Oh yeah. You MUST read this column:
…In her new book, Amy “Tiger Mom” Chua and her husband Jed Rubenfeld claim the racial superiority of eight groups destined for success. They cite personal experience and statistics. What she completely lacks in fairness and social justice she makes up for in originality – when was the last time you saw Cuban exiles and Mormons praised in the same sentence?
In “The Triple Package,” the Yale University law professor and mother of two teen girls expounds on the parenting secrets of her 2011 best-seller, Battle Hymn of The Tiger Mother, to explain why Iranians and Jews will rise to the top in life, and African-Americans, maybe not so much. With her smiling, beguiling, Chinese-American daughters at her side, here is a myopic mother role model I dare say no one wants to emulate.

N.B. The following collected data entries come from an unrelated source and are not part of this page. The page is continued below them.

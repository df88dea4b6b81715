-- ===== src/Net/Hashing.antt =====
-- `bernstein_hash` of net.cpp, with its arithmetic on 32 bits, which is the hash of IPv6 and
-- SocketAddress.
use native.Mathlib.Nat.{pow-suc, mul_assoc}
use rs_io.Text.{Text}
use rs_io.Base.{[], ap, arith, length, refl, suc, ℕ, ◌%◌, ◌*◌, ◌+◌, ◌^◌, ◌∙◌, ◌∷◌, ◌≡◌}

unfoldable pub hash_loop : ℕ → Text → ℕ
hash_loop hash [] = hash
hash_loop hash (b ∷ s) = hash_loop ((33 * hash + b) % 2 ^ 32) s

unfoldable pub bernstein_hash : Text → ℕ
bernstein_hash s = hash_loop 5381 s

-- The polynomial in 33 over the bytes, in full.
abbrev pub polynomial : Text → ℕ → ℕ
polynomial [] seed = seed
polynomial (b ∷ s) seed = 33 ^ length s * b + polynomial s (33 * seed)

power-mul : (k n : ℕ) → 33 ^ suc k * n ≡ 33 ^ k * (33 * n)
power-mul k n = ap (λ x. x * n) (pow-suc 33 k) ∙ mul_assoc (33 ^ k) 33 n

polynomial-add : (s : Text) (m n : ℕ) → polynomial s (m + n) ≡ 33 ^ length s * n + polynomial s m
polynomial-add [] m n = omega arith
polynomial-add (b ∷ s) m n =
    let e : 33 * (m + n) ≡ 33 * m + 33 * n = omega arith in
    let ih = polynomial-add s (33 * m) (33 * n) in
    ap (λ k. 33 ^ length s * b + polynomial s k) e ∙ omega (arith, ih, power-mul (length s) n)

hash_loop-polynomial : (s : Text) (h : ℕ) → hash_loop (h % 2 ^ 32) s ≡ polynomial s h % 2 ^ 32
unfolding hash_loop
hash_loop-polynomial [] h = refl
hash_loop-polynomial (b ∷ s) h =
    let wrap : (33 * (h % 2 ^ 32) + b) % 2 ^ 32 ≡ (33 * h + b) % 2 ^ 32 = omega arith in
    ap (λ k. hash_loop k s) wrap
    ∙ (hash_loop-polynomial s (33 * h + b) ∙ ap (λ k. k % 2 ^ 32) (polynomial-add s (33 * h) b))

-- The hash is the polynomial with the seed 5381, modulo 2^32: the wrap-around in each round loses
-- nothing else.
bernstein_hash-polynomial : (s : Text) → bernstein_hash s ≡ polynomial s 5381 % 2 ^ 32
unfolding bernstein_hash
bernstein_hash-polynomial s = hash_loop-polynomial s 5381
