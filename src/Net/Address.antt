-- ===== src/Net/Address.antt =====
-- SocketAddress of net.cpp and net.hpp, and the texts of IPv4 and IPv6 addresses. An address is the memory
-- of the union, of which the first `current_size` bytes count. The layout of sockaddr_in and sockaddr_in6
-- and the family numbers are those of Linux on a little-endian machine; htons and htonl write the high byte
-- first. The calls of inet_pton, inet_ntop and strtoull are the fields of a record.
pub mod Parts
pub mod Texts
use rs_io.Net.Order.{less, same, greater, mem_compare}
use rs_io.Net.Hashing.{bernstein_hash}
use rs_io.Text.{Text, char_at, text_eq, substr}
use rs_io.Base.{
  Bool, Option, [], drop, false, if◌then◌else◌, ltb, min, not, replicate, take, true, ℕ, ◌%◌, ◌*◌,
  ◌++◌, ◌+◌, ◌-◌, ◌/◌, ◌==◌, ◌||◌, ◌∷◌,
}

-- What the functions throw; `out_of_fuel` stands for a loop that goes on beyond the bound.
pub data Thrown : Type 0 where
  invalid_argument : Text → Thrown
  length_error out_of_fuel : Thrown
  system_error : ℕ → Thrown

pub data Result {ℓ} (A : Type ℓ) : Type ℓ where
  ok : A → Result A
  thrown : Thrown → Result A

module _ {ℓ ℓ'} {A : Type ℓ} {B : Type ℓ'} where
  -- What follows a call, if that does not throw.
  infixl 5 ◌then_do◌
  abbrev pub ◌then_do◌ : Result A → (A → Result B) → Result B
  (ok a) then_do k = k a
  (thrown e) then_do k = thrown e

-- The library calls. `pton` is inet_pton on a text: the bytes that it writes, `none` where it returns 0, and
-- a system error where it returns -1. `ntop` is inet_ntop for a buffer of a size, `none` for ENOSPC. `strtoull`
-- gives the number, the position where it stopped, and whether errno was set.
pub record Calls : Type 0 where
  pub pton4 : Text → Result (Option Text)
  pub pton6 : Text → Result (Option Text)
  pub ntop4 : ℕ → Text → Result (Option Text)
  pub ntop6 : ℕ → Text → Result (Option Text)
  pub strtoull : Text → ℕ × ℕ × Bool

-- The bytes of a number, the low one first, and the high one first.
abbrev pub le16 : ℕ → Text
le16 n = n % 256 ∷ n / 256 % 256 ∷ []

abbrev pub be16 : ℕ → Text
be16 n = n / 256 % 256 ∷ n % 256 ∷ []

abbrev pub be32 : ℕ → Text
be32 n = n / 16777216 % 256 ∷ n / 65536 % 256 ∷ n / 256 % 256 ∷ n % 256 ∷ []

-- ntohs and ntohl of the bytes at a position.
abbrev pub ntohs : Text → ℕ → ℕ
ntohs s i = char_at s i * 256 + char_at s (i + 1)

abbrev pub ntohl : Text → ℕ → ℕ
ntohl s i = ntohs s i * 65536 + ntohs s (i + 2)

-- AF_INET, AF_INET6, sizeof(sockaddr) and sizeof(sa_union_type)
abbrev pub af_inet : ℕ
af_inet = 2

abbrev pub af_inet6 : ℕ
af_inet6 = 10

abbrev pub base_size : ℕ
base_size = 16

abbrev pub max_size : ℕ
max_size = 28

-- The class, with the memory of `sa_`.
pub record SocketAddress : Type 0 where
  pub sa : Text
  pub current_size : ℕ

unfoldable pub null_address : SocketAddress
null_address = record { sa = replicate max_size 0; current_size = 0 }

-- The constructor from IPv4: the fields of sockaddr_in in their order, and the zeros behind them.
unfoldable pub of_ipv4 : Text → ℕ → SocketAddress
of_ipv4 ip port = record {
  sa = le16 af_inet ++ (be16 port ++ (ip ++ replicate 20 0));
  current_size = 16;
}

-- The constructor from IPv6: the fields of sockaddr_in6 in their order.
unfoldable pub of_ipv6 : Text → ℕ → ℕ → ℕ → SocketAddress
of_ipv6 ip port flow scope = record {
  sa = le16 af_inet6 ++ (be16 port ++ (be32 flow ++ (ip ++ be32 scope)));
  current_size = 28;
}

-- The constructor from `n` bytes of memory.
unfoldable pub of_memory : Text → ℕ → SocketAddress
of_memory ptr n =
    let size = min n max_size in
    record { sa = take size ptr ++ replicate (max_size - size) 0; current_size = size }

unfoldable pub family : SocketAddress → ℕ
family a = if ltb a.current_size base_size then 0 else char_at a.sa 0 + 256 * char_at a.sa 1

unfoldable pub flow : SocketAddress → ℕ
unfolding family
flow a = if family a == af_inet6 then ntohl a.sa 4 else 0

unfoldable pub ipv4 : SocketAddress → Text
unfolding family
ipv4 a = if family a == af_inet then be32 (ntohl a.sa 4) else replicate 4 0

unfoldable pub ipv6 : SocketAddress → Text
unfolding family
ipv6 a = if family a == af_inet6 then substr a.sa 8 16 else replicate 16 0

unfoldable pub port : SocketAddress → ℕ
unfolding family
port a =
    if family a == af_inet then ntohs a.sa 2 else if family a == af_inet6 then ntohs a.sa 2 else 0

unfoldable pub scope : SocketAddress → ℕ
unfolding family
scope a = if family a == af_inet6 then ntohl a.sa 24 else 0

-- The bytes that count.
unfoldable pub native : SocketAddress → Text
native a = take a.current_size a.sa

unfoldable pub equal : SocketAddress → SocketAddress → Bool
unfolding native mem_compare
equal a b = elim (mem_compare (native a) (native b)) [
  | less ↦ false
  | same ↦ true
  | greater ↦ false
]

unfoldable pub less_than : SocketAddress → SocketAddress → Bool
unfolding native mem_compare
less_than a b = elim (mem_compare (native a) (native b)) [
  | less ↦ true
  | same ↦ false
  | greater ↦ false
]

unfoldable pub hash : SocketAddress → ℕ
unfolding native bernstein_hash
hash a = bernstein_hash (native a)

abbrev any_byte : Text → Bool
any_byte [] = false
any_byte (c ∷ s) = not (c == 0) || any_byte s

-- `operator bool`
unfoldable pub to_bool : SocketAddress → Bool
unfolding family ipv4 ipv6 port native
to_bool a =
    if family a == 0
    then false
    else if family a == af_inet
    then not (text_eq (ipv4 a) (replicate 4 0)) || not (port a == 0)
    else if family a == af_inet6
    then not (text_eq (ipv6 a) (replicate 16 0)) || not (port a == 0)
    else any_byte (drop base_size (native a))

unfoldable pub set_family : ℕ → SocketAddress → SocketAddress
set_family f a = record {
  sa = le16 f ++ drop 2 a.sa;
  current_size = if ltb a.current_size base_size then base_size else a.current_size;
}

unfoldable pub set_size : ℕ → SocketAddress → Result SocketAddress
set_size n a =
    if ltb max_size n then thrown length_error else ok (record { sa = a.sa; current_size = n })
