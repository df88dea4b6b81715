-- ===== src/Uri/Defs.antt =====
-- The class Uri: its fields, the presence tests of uri.hpp, and the functions of rs-format and of
-- the regex library that the class calls, which are parameters of what uses them.
use rs_io.Base.{Bool, [], false, is_nil, length, ltb, not, true, ℕ, ◌&&◌, ◌-◌, ◌<◌, ◌==◌, ◌∷◌, ◌≡◌}
use rs_io.Text.{Text, char_at}

-- The offsets point into `text`; each is where the component of its name starts.
pub record Uri : Type 0 where
  pub text : Text
  pub ofs_user : ℕ
  pub ofs_password : ℕ
  pub ofs_host : ℕ
  pub ofs_port : ℕ
  pub ofs_path : ℕ
  pub ofs_query : ℕ
  pub ofs_fragment : ℕ

-- The reasons for which the class throws std::invalid_argument.
pub data Error : Type 0 where
  invalid_uri invalid_scheme invalid_path empty_uri no_host no_user : Error

pub data Result (A : Type 0) : Type 0 where
  ok : A → Result A
  err : Error → Result A

infixl 5 ◌>>=◌
abbrev pub ◌>>=◌ : {A B : Type 0} → Result A → (A → Result B) → Result B
ok a >>= f = f a
err e >>= f = err e

abbrev pub map_result : {A B : Type 0} → (A → B) → Result A → Result B
map_result f (ok a) = ok (f a)
map_result f (err e) = err e

-- From rs-format: `ascii_isalnum_w`, `ascii_isxdigit`, `hex` and `to_uint8` in base 16.
pub record Format : Type 0 where
  pub isalnum_w : ℕ → Bool
  pub isxdigit : ℕ → Bool
  pub hex : ℕ → Text
  pub to_uint8 : ℕ → ℕ → ℕ

-- What the class relies on: a byte is printed as two hexadecimal digits, which read back.
pub record FormatLaws (F : Format) : Type 0 where
  pub percent : F.isalnum_w b'%' ≡ false
  pub high : ℕ → ℕ
  pub low : ℕ → ℕ
  pub hex_pair : (b : ℕ) → b < 256 → F.hex b ≡ high b ∷ low b ∷ []
  pub high-isxdigit : (b : ℕ) → b < 256 → F.isxdigit (high b) ≡ true
  pub low-isxdigit : (b : ℕ) → b < 256 → F.isxdigit (low b) ≡ true
  pub to_uint8-hex : (b : ℕ) → b < 256 → F.to_uint8 (high b) (low b) ≡ b

unfoldable pub empty_value : Uri
empty_value = record {
  text = [];
  ofs_user = 0;
  ofs_password = 0;
  ofs_host = 0;
  ofs_port = 0;
  ofs_path = 0;
  ofs_query = 0;
  ofs_fragment = 0;
}

unfoldable pub empty : Uri → Bool
empty u = is_nil u.text

unfoldable pub has_slashes : Uri → Bool
unfolding empty
has_slashes u = not (empty u) && char_at u.text (u.ofs_user - 1) == b'/'

unfoldable pub has_user : Uri → Bool
unfolding empty
has_user u = not (empty u) && ltb u.ofs_user u.ofs_password

unfoldable pub has_password : Uri → Bool
unfolding empty
has_password u = not (empty u) && ltb 1 (u.ofs_host - u.ofs_password)

unfoldable pub has_host : Uri → Bool
unfolding empty
has_host u = not (empty u) && ltb u.ofs_host u.ofs_port

unfoldable pub has_port : Uri → Bool
unfolding empty
has_port u = not (empty u) && ltb u.ofs_port u.ofs_path

unfoldable pub has_path : Uri → Bool
unfolding empty
has_path u = not (empty u) && ltb 1 (u.ofs_query - u.ofs_path)

unfoldable pub has_query : Uri → Bool
unfolding empty
has_query u = not (empty u) && ltb u.ofs_query u.ofs_fragment

unfoldable pub has_fragment : Uri → Bool
unfolding empty
has_fragment u = not (empty u) && ltb u.ofs_fragment (length u.text)

unfoldable pub is_root : Uri → Bool
unfolding empty has_path has_query has_fragment
is_root u = not (empty u) && not (has_path u) && not (has_query u) && not (has_fragment u)
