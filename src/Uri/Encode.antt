-- ===== src/Uri/Encode.antt =====
-- Uri::encode and Uri::decode of uri.cpp, and that decoding undoes encoding.
use rs_io.Base.{
  Bool, Bool-cases, [], ap, arith, false, if◌then◌else◌, inl, inr, length, ltb, refl, true, ℕ, ◌&&◌,
  ◌++◌, ◌<◌, ◌==◌, ◌||◌, ◌∙◌, ◌∷◌, ◌≡◌,
}
use rs_io.Text.{Text, contains}
use rs_io.Uri.Defs.{Format, FormatLaws}

module _ (F : Format) where
  -- The lambda in `encode`.
  unfoldable pub is_safe : Text → ℕ → Bool
  is_safe exempt c = F.isalnum_w c || (c == b'-' || (c == b'.' || (c == b'~' || contains c exempt)))

  -- Runs of safe characters are copied, any other is escaped.
  unfoldable pub encode : Text → Text → Text
  unfolding is_safe
  encode [] exempt = []
  encode (c ∷ s) exempt =
      if is_safe exempt c then c ∷ encode s exempt else b'%' ∷ (F.hex c ++ encode s exempt)

  -- The loop of `decode` from a position on. It stops where fewer than two characters follow.
  unfoldable pub decode_from : Text → Text
  decode_from [] = []
  decode_from (c ∷ []) = c ∷ []
  decode_from (c ∷ d ∷ []) = c ∷ d ∷ []
  decode_from (c ∷ x ∷ y ∷ s) =
      let escaped = F.to_uint8 x y ∷ decode_from s in
      let plain = c ∷ decode_from (x ∷ y ∷ s) in
      if c == b'%' && (F.isxdigit x && F.isxdigit y) then escaped else plain

  unfoldable pub decode : Text → Text
  unfolding decode_from
  decode s = if ltb (length s) 3 then s else decode_from s

  pub decode-eq_from : (s : Text) → decode s ≡ decode_from s
  unfolding decode
  decode-eq_from [] = refl
  decode-eq_from (c ∷ []) = refl
  decode-eq_from (c ∷ d ∷ []) = refl
  decode-eq_from (c ∷ x ∷ y ∷ s) = ground arith

  decode_from-plain :
      (c : ℕ) (s : Text) → (c == b'%') ≡ false → decode_from (c ∷ s) ≡ c ∷ decode_from s
  unfolding decode_from
  decode_from-plain c [] h = refl
  decode_from-plain c (x ∷ []) h = refl
  decode_from-plain c (x ∷ y ∷ s) h = rw h

-- Every character is a byte.
abbrev pub IsBytes : Text → Type 0
IsBytes [] = Unit {0}
IsBytes (c ∷ s) = (c < 256) × IsBytes s

module _ (F : Format) (L : FormatLaws F) where
  decode_from-escape :
      (c : ℕ) (s : Text) → c < 256 → decode_from F (b'%' ∷ (F.hex c ++ s)) ≡ c ∷ decode_from F s
  unfolding decode_from
  decode_from-escape c s h =
      rw (L.hex_pair c h, L.high-isxdigit c h, L.low-isxdigit c h, L.to_uint8-hex c h)

  safe-ne-percent :
      (exempt : Text) (c : ℕ)
      → contains b'%' exempt ≡ false
      → is_safe F exempt c ≡ true
      → (c == b'%') ≡ false
  unfolding is_safe
  safe-ne-percent exempt c h s = ground (arith, L.percent)

  decode_from-encode :
      (s exempt : Text)
      → IsBytes s
      → contains b'%' exempt ≡ false
      → decode_from F (encode F s exempt) ≡ s
  unfolding encode decode_from
  decode_from-encode [] exempt b h = refl
  decode_from-encode (c ∷ s) exempt b h = elim (Bool-cases (is_safe F exempt c)) [
    | inl safe ↦ rw safe (
        decode_from-plain F c (encode F s exempt) (safe-ne-percent exempt c h safe)
        ∙ ap (◌∷◌ c) (decode_from-encode s exempt b.1 h))
    | inr unsafe ↦ rw unsafe (
        decode_from-escape c (encode F s exempt) b.0
        ∙ ap (◌∷◌ c) (decode_from-encode s exempt b.1 h))
  ]

  -- Decoding an encoded text gives the text back, for every text of bytes and every set of
  -- exempted characters without the percent sign.
  pub decode-encode :
      (s exempt : Text)
      → IsBytes s
      → contains b'%' exempt ≡ false
      → decode F (encode F s exempt) ≡ s
  decode-encode s exempt b h =
      decode-eq_from F (encode F s exempt) ∙ decode_from-encode s exempt b h
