-- ===== src/Net/Address/Parts.antt =====
-- What the constructors of SocketAddress store, and what the accessors read.
use rs_io.Uri.Encode.{IsBytes}
use rs_io.Net.Address.{ipv4, ipv6, of_ipv4, port, be32, family, flow, ntohl, scope, of_ipv6}
use rs_io.Text.{Text, char_at}
use rs_io.Base.{
  [], ap, arith, length, refl, replicate, suc, sym, take, take-length, zero, ℕ, ◌%◌, ◌++◌, ◌+◌, ◌/◌,
  ◌<◌, ◌∙◌, ◌∷◌, ◌≡◌,
}

-- Four bytes are those of the number that they spell.
octets : (ip : Text) → IsBytes ip → length ip ≡ 4 → be32 (ntohl ip 0) ≡ ip
octets [] h l = absurd (omega (arith, l))
octets (a ∷ []) h l = absurd (omega (arith, l))
octets (a ∷ b ∷ []) h l = absurd (omega (arith, l))
octets (a ∷ b ∷ c ∷ []) h l = absurd (omega (arith, l))
octets (a ∷ b ∷ c ∷ d ∷ e ∷ s) h l = absurd (omega (arith, l))
octets (a ∷ b ∷ c ∷ d ∷ []) (ha, (hb, (hc, (hd, u)))) l =
    let n = ntohl (a ∷ b ∷ c ∷ d ∷ []) 0 in
    let ea : n / 16777216 % 256 ≡ a = omega (arith, ha, hb, hc, hd) in
    let eb : n / 65536 % 256 ≡ b = omega (arith, ha, hb, hc, hd) in
    let ec : n / 256 % 256 ≡ c = omega (arith, hb, hc, hd) in
    let ed : n % 256 ≡ d = omega (arith, hd) in rw (ea, eb, ec, ed) refl

-- The number at a position behind four bytes.
ntohl-behind :
    (x y z w : ℕ) (ip rest : Text)
    → length ip ≡ 4
    → ntohl (x ∷ y ∷ z ∷ w ∷ ip ++ rest) 4 ≡ ntohl ip 0
ntohl-behind x y z w [] rest l = absurd (omega (arith, l))
ntohl-behind x y z w (a ∷ []) rest l = absurd (omega (arith, l))
ntohl-behind x y z w (a ∷ b ∷ []) rest l = absurd (omega (arith, l))
ntohl-behind x y z w (a ∷ b ∷ c ∷ []) rest l = absurd (omega (arith, l))
ntohl-behind x y z w (a ∷ b ∷ c ∷ d ∷ ip) rest l = refl

ntohl-be32 : (n : ℕ) → n < 4294967296 → ntohl (be32 n) 0 ≡ n
ntohl-be32 n h = omega (arith, h)

pub ipv4-of_ipv4 : (ip : Text) (n : ℕ) → IsBytes ip → length ip ≡ 4 → ipv4 (of_ipv4 ip n) ≡ ip
unfolding ipv4 of_ipv4 family
ipv4-of_ipv4 ip n h l =
    ap be32 (ntohl-behind 2 0 (n / 256 % 256) (n % 256) ip (replicate 20 0) l) ∙ octets ip h l

pub port-of_ipv4 : (ip : Text) (n : ℕ) → n < 65536 → port (of_ipv4 ip n) ≡ n
unfolding port of_ipv4 family
port-of_ipv4 ip n h = omega (arith, h)

-- What stands behind `n` bytes.
char_at-behind :
    (n i j : ℕ) (s t : Text) → length s ≡ n → j ≡ n + i → char_at (s ++ t) j ≡ char_at t i
char_at-behind zero i j [] t l e = let same : j ≡ i = omega (arith, e) in ap (char_at t) same
char_at-behind zero i j (c ∷ s) t l e = absurd (omega (arith, l))
char_at-behind (suc n) i j [] t l e = absurd (omega (arith, l))
char_at-behind (suc n) i zero (c ∷ s) t l e = absurd (omega (arith, e))
char_at-behind (suc n) i (suc j) (c ∷ s) t l e =
    char_at-behind n i j s t (omega (arith, l)) (omega (arith, e))

ntohl-scope : (ip t : Text) → length ip ≡ 16 → ntohl (ip ++ t) 16 ≡ ntohl t 0
ntohl-scope ip t l = omega (
  arith,
  char_at-behind 16 0 16 ip t l refl,
  char_at-behind 16 1 17 ip t l refl,
  char_at-behind 16 2 18 ip t l refl,
  char_at-behind 16 3 19 ip t l refl,
)

-- An IPv6 address keeps its parts.
pub parts-of_ipv6 :
    (ip : Text) (n fl sc : ℕ)
    → length ip ≡ 16
    → n < 65536
    → fl < 4294967296
    → sc < 4294967296
    → (ipv6 (of_ipv6 ip n fl sc) ≡ ip)
      × (port (of_ipv6 ip n fl sc) ≡ n)
      × (flow (of_ipv6 ip n fl sc) ≡ fl)
      × (scope (of_ipv6 ip n fl sc) ≡ sc)
unfolding ipv6 port flow scope of_ipv6 family
parts-of_ipv6 ip n fl sc l hn hf hs = (
  ap (λ k. take k (ip ++ be32 sc)) (sym l) ∙ take-length ip (be32 sc),
  omega (arith, hn),
  omega (arith, hf),
  ntohl-scope ip (be32 sc) l ∙ ntohl-be32 sc hs,
)
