-- ===== src/Net/Hex.antt =====
-- `hex_bytes` of net.cpp.
use rs_io.Uri.Encode.{IsBytes}
use rs_io.Text.{Text}
use rs_io.Base.{
  [], ap, arith, if◌then◌else◌, length, ltb, refl, ℕ, ◌%◌, ◌*◌, ◌+◌, ◌-◌, ◌/◌, ◌<◌, ◌∙◌, ◌∷◌, ◌≡◌,
}

-- `xdigits[n]`
abbrev pub xdigit : ℕ → ℕ
xdigit n = if ltb n 10 then b'0' + n else b'a' + (n - 10)

unfoldable pub hex_bytes : Text → Text
hex_bytes [] = []
hex_bytes (b ∷ s) = xdigit (b / 16) ∷ xdigit (b % 16) ∷ hex_bytes s

abbrev pub xvalue : ℕ → ℕ
xvalue c = if ltb c b'a' then c - b'0' else c - b'a' + 10

-- The bytes that a text of hexadecimal digits spells.
abbrev pub unhex : Text → Text
unhex [] = []
unhex (x ∷ []) = []
unhex (x ∷ y ∷ s) = (xvalue x * 16 + xvalue y) ∷ unhex s

xvalue-xdigit : (n : ℕ) → n < 16 → xvalue (xdigit n) ≡ n
xvalue-xdigit n h = ground arith

-- The hexadecimal text of bytes has two characters for each, and spells them.
unhex-hex_bytes :
    (s : Text) → IsBytes s → (unhex (hex_bytes s) ≡ s) × (length (hex_bytes s) ≡ 2 * length s)
unfolding hex_bytes
unhex-hex_bytes [] h = (refl, refl)
unhex-hex_bytes (b ∷ s) h =
    let (e, l) = unhex-hex_bytes s h.1 in
    let high = xvalue-xdigit (b / 16) (omega (arith, h.0)) in
    let low = xvalue-xdigit (b % 16) (omega arith) in
    let byte : xvalue (xdigit (b / 16)) * 16 + xvalue (xdigit (b % 16)) ≡ b =
      omega (arith, high, low) in
    (ap (λ k. k ∷ unhex (hex_bytes s)) byte ∙ ap (◌∷◌ b) e, omega (arith, l))
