-- ===== src/Text/Decimal.antt =====
-- std::to_string of an unsigned number, and the digits that std::strtoul and std::strtoull read.
use rs_io.Base.{
  Bool, Bool-cases, List, [], ap, arith, if◌then◌else◌, inl, inr, leb, ltb, refl, suc, true, zero,
  ℕ, ◌%◌, ◌&&◌, ◌*◌, ◌++◌, ◌+◌, ◌-◌, ◌/◌, ◌<◌, ◌∙◌, ◌∷◌, ◌≡◌,
}

abbrev pub is_digit : ℕ → Bool
is_digit c = leb b'0' c && leb c b'9'

-- The digits of `n` in front of `acc`. The fuel is above the number of digits.
unfoldable pub to_digits : ℕ → ℕ → List ℕ → List ℕ
to_digits zero n acc = acc
to_digits (suc f) n acc =
    let rest = to_digits f (n / 10) ((48 + n % 10) ∷ acc) in
    if ltb n 10 then (48 + n) ∷ acc else rest

-- `std::to_string(n)`
unfoldable pub to_string : ℕ → List ℕ
unfolding to_digits
to_string n = to_digits (n + 1) n []

-- The loop of strtoul: digits are read until the first other character.
unfoldable pub read_digits : ℕ → List ℕ → ℕ
read_digits acc [] = acc
read_digits acc (c ∷ s) =
    let rest = read_digits (acc * 10 + (c - 48)) s in if is_digit c then rest else acc

-- A digit that is read.
read-digit :
    (m d : ℕ) (s : List ℕ) → d < 10 → read_digits m ((48 + d) ∷ s) ≡ read_digits (m * 10 + d) s
unfolding read_digits
read-digit m d s h = rw seen (ap (λ k. read_digits k s) (omega arith))
  where
    seen : is_digit (48 + d) ≡ true
    seen = ground arith

read-to_digits : (f n : ℕ) (s : List ℕ) → n < f → read_digits 0 (to_digits f n s) ≡ read_digits n s
unfolding to_digits
read-to_digits zero n s h = elim h [ ]
read-to_digits (suc f) n s h = elim (Bool-cases (ltb n 10)) [
  | inl small ↦ rw small (read-digit 0 n s (ground arith) ∙ ap (λ k. read_digits k s) (omega arith))
  | inr large ↦ rw large (
      read-to_digits f (n / 10) ((48 + n % 10) ∷ s) (ground arith)
      ∙ (read-digit (n / 10) (n % 10) s (omega arith) ∙ ap (λ k. read_digits k s) (omega arith)))
]

to_digits-append : (f n : ℕ) (s t : List ℕ) → to_digits f n (s ++ t) ≡ to_digits f n s ++ t
unfolding to_digits
to_digits-append zero n s t = refl
to_digits-append (suc f) n s t = elim (Bool-cases (ltb n 10)) [
  | inl small ↦ rw small
  | inr large ↦ rw large (to_digits-append f (n / 10) ((48 + n % 10) ∷ s) t)
]

-- What stands behind a printed number is read on from that number.
pub read-to_string : (n : ℕ) (s : List ℕ) → read_digits 0 (to_string n ++ s) ≡ read_digits n s
unfolding to_string
read-to_string n s =
    rw (← to_digits-append (n + 1) n [] s) (read-to_digits (n + 1) n s (omega arith))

Now playing on the big screen, August: Osage County is a drama of masterful maternal dysfunction, with Meryl Streep as a pill-popping mess. Yes, this is art, not real life, but the Pulitzer-award winning play by Tracy Letts offers us the larger than life view into one more example of a bad mommy…
Michele Weldon, did you read the book? Does it claim actual genetic superiority or is it cultural?
I suppose she must have read it to have such a strong reaction, although… I only read an excerpt of “50 Shades of Grey” in the Hollywood Reporter to go off on a rant of my own… So, perhaps she just skimmed it? 😉
Dearest V
What I found most dispiriting about the advertisement was just how worn out, world weary and ‘nearing the end’ the mothers appeared to be.
Can we really still live in a world where we believe that women’s lives end when their son’s leave home… I’m sure my mater would beg to differ!
Yours ever
The Perfumed Dandy
I agree with you about Mater. 🙂
My “theory” is maters do love those man-boys, but it’s often with a nano-trace of regret and a whole lot WHEW and ZOWIE that they watch them strike out on their own… Theoretically speaking, of course.
Who in the pitch room thought the Old Spice would be funny? Men with mommy issues?
Watching it I’d say the pitch was tailored toward just post-pubescent males… You and I are SO not the target audience.